Мне стало грустно. Это были правдивые и мудрые слова, но, быть может, и они были всего лишь словами, не оказывающими влияния на действительные поступки людей? Прежде меня всегда трогало то, что после смерти основателя великой державы осталась пара сапог, походная сумка, и кафтан с вышитым на спине полумесяцем, сшит был этот воинский кафтан из прочного сурового полотна, идущего на паруса. Теперь же я вслушивался в слова деда и во всем сомневался. Я ощущал пустоту в душе, а человеку нужно что-то такое, чему бы он мог поклоняться без сомнений и колебаний.

Внезапно из покоев госпожи Зейнаб, где сидели женщины, послышались крики и плач. В саду поднялась суета. Все мы встревожились. Я тотчас подумал, не случилось ли чего с Сельви.
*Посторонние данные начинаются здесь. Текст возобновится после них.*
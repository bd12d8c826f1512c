-- ===== src/Archive/Held.antt =====
-- What EpochAssembler holds between the epochs it has emitted and the frame it takes next.
use neo_gnss_observatory.Base.{
  ℕ, ◌+◌, ◌%◌, ◌^◌, ◌≤◌, ◌<◌, Bool, true, false, ◌≡◌, refl, sym, ◌∙◌, List, [], ◌∷◌, ◌++◌,
  if◌then◌else◌, length, arith,
}
use mathlib.Core.Path.{subst}
use neo_gnss_observatory.Base.Int.{ℤ}
use neo_gnss_observatory.Frame.{FrameView}
use neo_gnss_observatory.Archive.Epoch.{
  ArchiveEpoch, Event, emitted, on_frame, EpochAssembler, Float64, archive_partial, archive_eoe,
  hashed, with_times,
}
use neo_gnss_observatory.Archive.Assembler.{
  from_rawx, inferred, dated, closed, finished_epoch, finish, counted, added, finish_if,
  accept_numbered,
}
use neo_gnss_observatory.Archive.Scan.{lost}

-- The epochs cover the positions from `a` up to `c`, each at least one byte, in order.
abbrev pub Tiles : ℕ → ℕ → List Event → Type 0
Tiles a c [] = a ≡ c
Tiles a c (emitted e ∷ es) = (e.first ≡ a) × (a < e.last) × Tiles e.last c es
Tiles a c (on_frame ∷ es) = Tiles a c es

-- The bytes up to `a` are emitted, and the epoch being gathered holds those from `a` to `c`.
abbrev pub Holds : Bool → ArchiveEpoch → ℕ → ℕ → Type 0
Holds true e a c = (e.first ≡ a) × (a < c) × (e.last ≡ c)
Holds false e a c = a ≡ c

pub Tiles-append :
    (a b c : ℕ) (xs ys : List Event) → Tiles a b xs → Tiles b c ys → Tiles a c (xs ++ ys)
Tiles-append a b c [] ys h k = subst (λ x. Tiles x c ys) (sym h) k
Tiles-append a b c (emitted e ∷ xs) ys h k = (h.0, h.1, Tiles-append e.last b c xs ys h.2 k)
Tiles-append a b c (on_frame ∷ xs) ys h k = Tiles-append a b c xs ys h k

first-finished : (s : EpochAssembler) (extra : ℕ) → (finished_epoch s extra).first ≡ s.epoch.first
unfolding closed dated inferred from_rawx
first-finished s extra = ground arith

last-finished : (s : EpochAssembler) (extra : ℕ) → (finished_epoch s extra).last ≡ s.epoch.last
unfolding closed dated inferred from_rawx
last-finished s extra = ground arith

pub finish-Holds :
    (s : EpochAssembler) (extra a c : ℕ)
    → Holds s.active s.epoch a c
    → Tiles a c (finish s extra).1 × ((finish s extra).0.active ≡ false)
unfolding finish from_rawx inferred closed dated
finish-Holds s extra a c h = go s.active refl h
  where
    go :
        (b : Bool)
        → s.active ≡ b
        → Holds b s.epoch a c
        → Tiles a c (finish s extra).1 × ((finish s extra).0.active ≡ false)
    go true e k = rw e (
      (
        first-finished s extra ∙ k.0,
        subst (λ x. a < x) (sym (last-finished s extra ∙ k.2)) k.1,
        last-finished s extra ∙ k.2,
      ),
      refl,
    )
    go false e k = rw e (k, refl)

pub gap-Tiles : (noise here : ℕ) → noise ≤ here → Tiles noise here (lost noise here)
unfolding lost
gap-Tiles noise here le = ground arith

pub lost-Tiles :
    (b : Bool) (e : ArchiveEpoch) (a noise here : ℕ)
    → Holds b e a noise
    → noise ≤ here
    → (b ≡ true → noise ≡ here)
    → (m : ℕ) × Tiles a m (lost noise here) × Holds b e m here
unfolding lost
lost-Tiles true e a noise here h le active =
    (a, ground (active refl, arith), (h.0, ground (active refl, arith), h.2 ∙ active refl))
lost-Tiles false e a noise here h le active =
    (here, subst (λ x. Tiles x here (lost noise here)) (sym h) (gap-Tiles noise here le), refl)

-- What `added` does to the extent of the epoch.
first-added :
    (fl : Float64) (f : FrameView) (n : ℕ) (raw tow : ℤ) (s : EpochAssembler)
    → (added fl f n raw tow s).epoch.first ≡ (if s.active then s.epoch.first else f.offset)
unfolding added hashed with_times counted
first-added fl f n raw tow s = ground arith

last-added :
    (fl : Float64) (f : FrameView) (n : ℕ) (raw tow : ℤ) (s : EpochAssembler)
    → (added fl f n raw tow s).epoch.last ≡ (f.offset + length f.wire) % 2 ^ 64
unfolding added hashed with_times counted
last-added fl f n raw tow s = ground arith

active-added :
    (fl : Float64) (f : FrameView) (n : ℕ) (raw tow : ℤ) (s : EpochAssembler)
    → (added fl f n raw tow s).active ≡ true
unfolding added
active-added fl f n raw tow s = refl

-- The frame is put behind what the assembler holds.
added-Holds :
    (fl : Float64) (f : FrameView) (n : ℕ) (raw tow : ℤ) (s : EpochAssembler) (a : ℕ)
    → Holds s.active s.epoch a f.offset
    → 0 < length f.wire
    → f.offset + length f.wire < 2 ^ 64
    → Holds
        (added fl f n raw tow s).active
        (added fl f n raw tow s).epoch
        a
        (f.offset + length f.wire)
added-Holds fl f n raw tow s a h some_bytes small = rw (active-added fl f n raw tow s) (
  first-added fl f n raw tow s ∙ start s.active h,
  later s.active h,
  last-added fl f n raw tow s ∙ ground arith,
)
  where
    start : (b : Bool) → Holds b s.epoch a f.offset → (if b then s.epoch.first else f.offset) ≡ a
    start true k = k.0
    start false k = sym k

    later : (b : Bool) → Holds b s.epoch a f.offset → a < f.offset + length f.wire
    later true k = ground (k.1, some_bytes, arith)
    later false k = ground arith

finish_if-Holds :
    (b : Bool) (extra : ℕ) (s : EpochAssembler) (a c : ℕ)
    → Holds s.active s.epoch a c
    → (m : ℕ) × Tiles a m (finish_if b extra s).1
      × Holds (finish_if b extra s).0.active (finish_if b extra s).0.epoch m c
unfolding finish_if
finish_if-Holds false extra s a c h = (a, refl, h)
finish_if-Holds true extra s a c h =
    let k = finish-Holds s extra a c h in
    (c, k.0, subst (λ b. Holds b (finish s extra).0.epoch c c) (sym k.1) refl)

-- A frame is put in by `g` between two conditional calls of `finish`.
around-Holds :
    (c1 c2 cb : Bool) (g : EpochAssembler → EpochAssembler) (s : EpochAssembler) (a c c' : ℕ)
    → Holds s.active s.epoch a c
    → ((s : EpochAssembler) (a : ℕ)
        → Holds s.active s.epoch a c
        → Holds (g s).active (g s).epoch a c')
    → let q = finish_if c1 archive_partial s in
      let r = finish_if c2 archive_eoe (g q.0) in
      (m : ℕ) × Tiles a m (q.1 ++ ((if cb then on_frame ∷ [] else []) ++ r.1))
      × Holds r.0.active r.0.epoch m c'
around-Holds c1 c2 cb g s a c c' h put =
    let q = finish_if c1 archive_partial s in
    let r = finish_if c2 archive_eoe (g q.0) in
    let k = finish_if-Holds c1 archive_partial s a c h in
    let l = finish_if-Holds c2 archive_eoe (g q.0) k.0 c' (put q.0 k.0 k.2) in
    (l.0, Tiles-append a k.0 l.0 q.1 _ k.1 (callback cb k.0 l.0 r.1 l.1), l.2)
  where
    callback :
        (b : Bool) (m c : ℕ) (es : List Event)
        → Tiles m c es
        → Tiles m c ((if b then on_frame ∷ [] else []) ++ es)
    callback true m c es t = t
    callback false m c es t = t

pub accept_numbered-Holds :
    (fl : Float64) (cb : Bool) (f : FrameView) (n : ℕ) (s : EpochAssembler) (a : ℕ)
    → Holds s.active s.epoch a f.offset
    → 0 < length f.wire
    → f.offset + length f.wire < 2 ^ 64
    → (m : ℕ) × Tiles a m (accept_numbered fl cb f n s).1
      × Holds
          (accept_numbered fl cb f n s).0.active
          (accept_numbered fl cb f n s).0.epoch
          m
          (f.offset + length f.wire)
unfolding accept_numbered
accept_numbered-Holds fl cb f n s a h some_bytes small =
    around-Holds _ _ cb (added fl f n _ _) s a f.offset (f.offset + length f.wire) h
      (λ s a k. added-Holds fl f n _ _ s a k some_bytes small)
Дальше помню суматоху, шум. Привели плачущего мальчишку, того самого слугу повара, с которым Панайотис свел знакомство. Из носа у мальчика текла кровь, его уже били. Оказалось, его случайно застали у той самой дверцы в сад. Он признался, что проводил Сельви до площади, где ее ожидал Панайотис верхом на коне. Панайотис увез ее. Куда они направились — мальчик не знал. Он сказал, что Сельви ушла по своей доброй воле. Госпожа Зейнаб хватилась, что долго не видит дочери, кинулись искать Сельви, слуги побежали в сад, там и схватили мальчишку, когда он возвращался домой.

Услышав о судьбе дочери, госпожа Зейнаб закричала страшным, диким и пронзительным криком, перешедшим в какой-то вой, словно животное, потерявшее своего детеныша. Вдруг дед Абдуррахман вскочил. Движения его сделались быстрыми, хищными и страшными. Глаза сузились от ярости. Никто не успел помешать ему. Он бросился вперед, схватил несчастного мальчишку за горло и с такой силой ударил головой о стену, что брызнул мозг. Я впервые видел такое. На миг у меня помутилось в глазах. Я увидел мертвое тело, тотчас же как-то странно скорчившееся, худое тельце подростка, увидел кровь, какую-то странную белесую слизь, вещество мозга. Удар был настолько силен, что голова раскололась надвое. И это сделал мой дед, кроткий и смешливый, побаивающийся своей жены. Потому что в нем жил и другой человек, тот самый, что взбирался отважно на стены осажденных крепостей и мог по несколько дней не слезать с седла.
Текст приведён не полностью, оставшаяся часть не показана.